Read On My Way to Paradise Online
Authors: David Farland
"Or do you think to kill these men now and die
heroically in battle. Do you think to become Divine Wind, to die
heroically?" Kaigo opened his mouth wide so we could see his
tongue. He wrinkled his face in disgust. "No one can plan a hero’s
death with certainty. You must not think this.
"So, I see only one other path that could possibly
lead to honor: You decided to kill them now, distinguish yourselves
in battle, and commit seppuku after the war? Yet, this is a most
uncertain path. For even if you distinguish yourselves in battle,
you cannot say with certainty what damage these men would have done
to the Yabajin. You may perform a miracle in battle, but who will
ever know with certainty if you have redeemed yourselves? In your
rage, perhaps this is what you were thinking, but now that your
anger has diminished you must see that none of these paths lead to
honor!"
Mavro said bitterly, "That is not what I was
thinking. I thought we’d kill these men, then you’d forgive us. I
thought you’d understand that we must avenge ourselves."
"I ... understand," Kaigo said. "I too would avenge
myself. But ... the only path I see that will let you honor your
commitment to Motoki and avenge yourselves of your enemy will be to
wait until after the war. You will fight your battle with the
Yabajin, then kill your enemies. Your debt of honor will be paid to
the corporation, and your personal honor will be avenged. You will
not have to lose your lives in seppuku,
ne
? It seems a
simple matter." He smiled, as if he’d just explained a simple truth
to idiot children and was waiting to see if they understood.
No one spoke. I was astonished at his narrow
understanding of us. His concept of the obligations imposed by
honor was so alien I could barely comprehend him.
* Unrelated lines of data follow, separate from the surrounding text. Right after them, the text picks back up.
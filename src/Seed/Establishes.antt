-- ===== src/Seed/Establishes.antt =====
-- What a part of the seed leaves in the tables when it returns.
use mathlib.Core.Path.{subst}
use sirius_vkr.Prelude.{
  ℕ, ◌≡◌, refl, sym, ap, ◌∙◌, true, false, Option, none, some, List, [], ◌∷◌, ◌++◌, length, ◌==◌,
  ==_refl, str_eq, str_eq_refl, arith, inl, inr, is_some, Bool-cases, All,
}
use sirius_vkr.Sql.{exists, first, eq_null}
use sirius_vkr.Sql.Laws.{exists-append}
use sirius_vkr.Models.People.{Student}
use sirius_vkr.Models.Learning.{Badge, Course}
use sirius_vkr.Database.{Db}
use sirius_vkr.Exec.{Exec, Result, ok, ◌>>=◌}
use sirius_vkr.Exec.Laws.{bind_cases}
use sirius_vkr.Postgres.{Postgres}
use sirius_vkr.Learning.Subjects.{resolve_student_for_user}
use sirius_vkr.Seed.Catalogue.{BadgeSpec, CourseSpec, courses}
use sirius_vkr.Seed.State.{Random, Seeder, uuid4, execute, for_each, for_collect, repeat_collect}
use sirius_vkr.Seed.People.{Person, person, insert_student}
use sirius_vkr.Seed.Contents.{add_badge, insert_badge, seed_course, seed_learning}
use sirius_vkr.Seed.Growth.{
  Grows, IsGrowing, has_badge, growing, for_each-IsGrowing, for_collect-IsGrowing, bind-IsGrowing,
  pure-IsGrowing,
}
use sirius_vkr.Seed.Growing.{
  insert_badge-IsGrowing, seed_course-IsGrowing, seed_progress-IsGrowing, seed_module-IsGrowing,
  seed_group-IsGrowing, seed_enrollment-IsGrowing,
}

-- A bind that returns ends as its second part does, on the result of the first.
pub bind_then :
    {A B : Type 0} (Q : Seeder → Type 0) (m : Exec Seeder A) (f : A → Exec Seeder B) (w : Seeder)
    (b : B)
    → ((m >>= f) w).0 ≡ ok b
    → ((a : A) → (m w).0 ≡ ok a → (f a (m w).1).0 ≡ ok b → Q (f a (m w).1).1)
    → Q ((m >>= f) w).1
bind_then {B = B} Q m f w b h k = elim (bind_cases m f w) [
  | inl (x, raised, whole) ↦ absurd (cc)
  | inr (a, returned, whole) ↦
      subst (λ (t : Result B × Seeder). Q t.1) (sym whole)
        (k a returned (sym (ap (λ t. t.0) whole) ∙ h))
]

-- The tables have a property when the part returns.
pub record Establishes {A : Type 0} (P : Db → Type 0) (m : Exec Seeder A) : Type 0 where
  pub holds : (w : Seeder) (a : A) → (m w).0 ≡ ok a → P (m w).1.session.pending

module _ (P : Db → Type 0) where
  execute-Establishes : (f : Db → Db) → ((db : Db) → P (f db)) → Establishes P (execute f)
  execute-Establishes f h = record { holds = λ w a e. h w.session.pending }

  pub right-Establishes :
      {A B : Type 0} (m : Exec Seeder A) (f : A → Exec Seeder B)
      → ((a : A) → Establishes P (f a))
      → Establishes P (m >>= f)
  right-Establishes m f h = record {
    holds =
        λ w b e. bind_then (λ t. P t.session.pending) m f w b e (λ a _ r. (h a).holds (m w).1 b r);
  }

  pub left-Establishes :
      {A B : Type 0} (m : Exec Seeder A) (f : A → Exec Seeder B)
      → ((db db' : Db) → Grows db db' → P db → P db')
      → Establishes P m
      → ((a : A) → IsGrowing (f a))
      → Establishes P (m >>= f)
  left-Establishes m f stable h g = record {
    holds = λ w b e.
        bind_then (λ t. P t.session.pending) m f w b e
          (λ a returned r.
            stable (m w).1.session.pending (f a (m w).1).1.session.pending ((g a).grows (m w).1 b r)
              (h.holds w a returned));
  }

abbrev pub HasBadge : BadgeSpec → Db → Type 0
HasBadge b db = has_badge b.code db ≡ true

HasBadge-add_badge : (k : ℕ) (b : BadgeSpec) (db : Db) → HasBadge b (add_badge k b db)
unfolding add_badge
HasBadge-add_badge k b db =
    elim (Bool-cases (exists (λ (x : Badge). str_eq x.code b.code) db.badges)) [
      | inl here ↦ rw here here
      | inr there ↦ rw there (
          exists-append (λ (x : Badge). str_eq x.code b.code) db.badges _
          ∙ rw (there, str_eq_refl b.code) refl)
    ]

insert_badge-Establishes : (b : BadgeSpec) → Establishes (HasBadge b) (insert_badge b)
unfolding insert_badge
insert_badge-Establishes b =
    right-Establishes (HasBadge b) uuid4 (λ k. execute (add_badge k b))
      (λ k. execute-Establishes (HasBadge b) (add_badge k b) (HasBadge-add_badge k b))

-- Every badge of a list is there after its loop.
pub badges-Establishes :
    (bs : List BadgeSpec)
    → Establishes (λ db. All (λ b. HasBadge b db) bs) (for_each bs insert_badge)
badges-Establishes [] = record { holds = λ w a e. tt }
badges-Establishes (b ∷ bs) = record {
  holds = λ w a e.
      bind_then (λ t. All (λ b. HasBadge b t.session.pending) (b ∷ bs)) (insert_badge b)
        (λ _. for_each bs insert_badge) w a e
        (λ _ returned r. (
          ((for_each-IsGrowing bs insert_badge insert_badge-IsGrowing).grows (insert_badge b w).1 a
                r).badge
              b.code ((insert_badge-Establishes b).holds w tt returned),
          (badges-Establishes bs).holds (insert_badge b w).1 a r,
        ));
}

-- An account has a student.
abbrev pub HasStudent : ℕ → Db → Type 0
HasStudent k db = is_some (resolve_student_for_user k db) ≡ true

student_last :
    (k : ℕ) (ss : List Student) (s : Student)
    → s.user_id ≡ some k
    → is_some (
        let o : Option ℕ = elim (first (λ (s : Student). eq_null s.user_id k) (ss ++ s ∷ [])) [
          | none ↦ none
          | some s ↦ some s.id
        ] in
        o)
      ≡ true
student_last k [] s h = let own : eq_null s.user_id k ≡ true = rw h (==_refl k) in rw own refl
student_last k (x ∷ ss) s h = elim (Bool-cases (eq_null x.user_id k)) [
  | inl here ↦ rw here refl
  | inr there ↦ rw there (student_last k ss s h)
]

HasStudent-append :
    (k : ℕ) (s : Student) (db : Db)
    → s.user_id ≡ some k
    → HasStudent k (record db { students = db.students ++ s ∷ [] })
unfolding resolve_student_for_user
HasStudent-append k s db h = student_last k db.students s h

pub HasStudent-stable : (k : ℕ) (db db' : Db) → Grows db db' → HasStudent k db → HasStudent k db'
HasStudent-stable k db db' g h = g.student k h

pub insert_student-Establishes :
    (pg : Postgres) (random : Random) (p : Person) (k : ℕ)
    → Establishes (HasStudent k) (insert_student pg random p (some k))
unfolding insert_student
insert_student-Establishes pg random p k =
    search
      (
        right-Establishes (HasStudent k),
        left-Establishes (HasStudent k),
        HasStudent-stable k,
        execute-Establishes (HasStudent k),
        HasStudent-append k,
        growing,
      )
      depth 30

-- The catalogue of courses is not empty.
abbrev pub HasCourse : Db → Type 0
HasCourse db = (length db.courses == 0) ≡ false

HasCourse-append : (c : Course) (db : Db) → HasCourse (record db { courses = db.courses ++ c ∷ [] })
HasCourse-append c db = course_last db.courses c
  where
    course_last : (cs : List Course) (c : Course) → (length (cs ++ c ∷ []) == 0) ≡ false
    course_last [] c = refl
    course_last (d ∷ cs) c = ground arith

HasCourse-stable : (db db' : Db) → Grows db db' → HasCourse db → HasCourse db'
HasCourse-stable db db' g = g.course

seed_course-Establishes :
    (random : Random) (teacher : ℕ) (students : List ℕ) (spec : CourseSpec)
    → Establishes HasCourse (seed_course random teacher students spec)
unfolding seed_course
seed_course-Establishes random teacher students spec =
    search
      (
        right-Establishes HasCourse,
        left-Establishes HasCourse,
        HasCourse-stable,
        execute-Establishes HasCourse,
        HasCourse-append,
        seed_module-IsGrowing,
        seed_group-IsGrowing,
        seed_enrollment-IsGrowing,
        growing,
      )
      depth 30

for_collect-Establishes :
    {A B : Type 0} (xs : List A) (f : A → Exec Seeder B)
    → (length xs == 0) ≡ false
    → ((a : A) → Establishes HasCourse (f a))
    → ((a : A) → IsGrowing (f a))
    → Establishes HasCourse (for_collect xs f)
for_collect-Establishes [] f e h g = cc
for_collect-Establishes (x ∷ xs) f e h g =
    left-Establishes HasCourse (f x) _ HasCourse-stable (h x) (λ y.
      bind-IsGrowing (for_collect xs f) _ (for_collect-IsGrowing xs f g)
        (λ ys. pure-IsGrowing (y ∷ ys)))

courses-Given : (length courses == 0) ≡ false
unfolding courses
courses-Given = refl

courses-Establishes :
    (random : Random) (teacher : ℕ) (students : List ℕ)
    → Establishes HasCourse (for_collect courses (seed_course random teacher students))
courses-Establishes random teacher students =
    for_collect-Establishes courses (seed_course random teacher students) courses-Given
      (seed_course-Establishes random teacher students)
      (seed_course-IsGrowing random teacher students)

pub seed_learning-Establishes :
    (pg : Postgres) (random : Random) (teacher student : ℕ)
    → Establishes HasCourse (seed_learning pg random teacher student)
unfolding seed_learning
seed_learning-Establishes pg random teacher student =
    right-Establishes HasCourse
      (repeat_collect 15 (person random none >>= λ p. insert_student pg random p none)) _
      (λ students.
        left-Establishes HasCourse (for_collect courses (seed_course random teacher students)) _
          HasCourse-stable (courses-Establishes random teacher students)
          (seed_progress-IsGrowing random student students))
I hadn’t been
thinking of honor, I’d been thinking of revenge. In Panamá a man
fulfills his obligations to family honor by avenging the family.
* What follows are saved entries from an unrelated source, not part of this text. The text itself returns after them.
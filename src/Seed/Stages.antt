-- ===== src/Seed/Stages.antt =====
-- seed_demo.py: what the student of the demo child and the guard on the catalogue leave in the tables.
use sirius_vkr.Prelude.{ℕ, ◌≡◌, ap, Option, none, some, length, ◌==◌, inl, inr, Bool-cases, is_some}
use sirius_vkr.Exec.{ok}
use sirius_vkr.Postgres.{Postgres}
use sirius_vkr.Learning.Subjects.{resolve_student_for_user}
use sirius_vkr.Seed.{demo_student, seed_once}
use sirius_vkr.Seed.State.{Random, Seeder}
use sirius_vkr.Seed.Growth.{IsGrowing, growing}
use sirius_vkr.Seed.Growing.{
  person-IsGrowing, insert_student-IsGrowing, insert_guardian-IsGrowing, seed_learning-IsGrowing,
}
use sirius_vkr.Seed.Establishes.{
  Establishes, right-Establishes, left-Establishes, HasStudent, HasStudent-stable, HasCourse,
  insert_student-Establishes, seed_learning-Establishes,
}

module _ (pg : Postgres) (random : Random) where
  pub demo_student-IsGrowing :
      (child_id parent_id : ℕ) (found : Option ℕ)
      → IsGrowing (demo_student pg random child_id parent_id found)
  unfolding demo_student
  demo_student-IsGrowing child_id parent_id none =
      search (growing, person-IsGrowing, insert_student-IsGrowing, insert_guardian-IsGrowing) depth
        20
  demo_student-IsGrowing child_id parent_id (some k) = search growing

  new_student-Establishes :
      (child_id parent_id : ℕ)
      → Establishes (HasStudent child_id) (demo_student pg random child_id parent_id none)
  unfolding demo_student
  new_student-Establishes child_id parent_id =
      search
        (
          right-Establishes (HasStudent child_id),
          left-Establishes (HasStudent child_id),
          HasStudent-stable child_id,
          insert_student-Establishes,
          insert_guardian-IsGrowing,
          growing,
        )
        depth 20

  pub demo_student-HasStudent :
      (child_id parent_id : ℕ) (found : Option ℕ) (w : Seeder) (k : ℕ)
      → resolve_student_for_user child_id w.session.pending ≡ found
      → (demo_student pg random child_id parent_id found w).0 ≡ ok k
      → HasStudent child_id (demo_student pg random child_id parent_id found w).1.session.pending
  unfolding demo_student
  demo_student-HasStudent child_id parent_id none w k e h =
      (new_student-Establishes child_id parent_id).holds w k h
  demo_student-HasStudent child_id parent_id (some s) w k e h = ap is_some e

  pub seed_once-IsGrowing :
      (teacher_id student_id count : ℕ)
      → IsGrowing (seed_once pg random teacher_id student_id count)
  unfolding seed_once
  seed_once-IsGrowing teacher_id student_id count = elim (Bool-cases (count == 0)) [
    | inl zero ↦ rw zero (seed_learning-IsGrowing pg random teacher_id student_id)
    | inr more ↦ rw more (search growing)
  ]

  pub seed_once-HasCourse :
      (teacher_id student_id : ℕ) (w : Seeder)
      → (seed_once pg random teacher_id student_id (length w.session.pending.courses) w).0 ≡ ok tt
      → HasCourse
          (seed_once pg random teacher_id student_id
            (length w.session.pending.courses)
            w).1.session.pending
  unfolding seed_once
  seed_once-HasCourse teacher_id student_id w =
      elim (Bool-cases (length w.session.pending.courses == 0)) [
        | inl zero ↦
            rw zero ((seed_learning-Establishes pg random teacher_id student_id).holds w tt)
        | inr more ↦ rw more (λ _. more)
      ]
Revenge and honor are one and the same. But obligations to an
employer are not a matter of honor. It seemed a strange
concept.
Abriara spoke my thoughts, "You don’t understand.
Motoki pays us money to do a job, and we will try to do that job.
That is the extent of our relationship. Our employment by Motoki
corporation does not incur a debt of honor on our part."
Kaigo’s face twisted into a grimace of pain, of
shock, of bewilderment, as if she’d uttered the ultimate blasphemy.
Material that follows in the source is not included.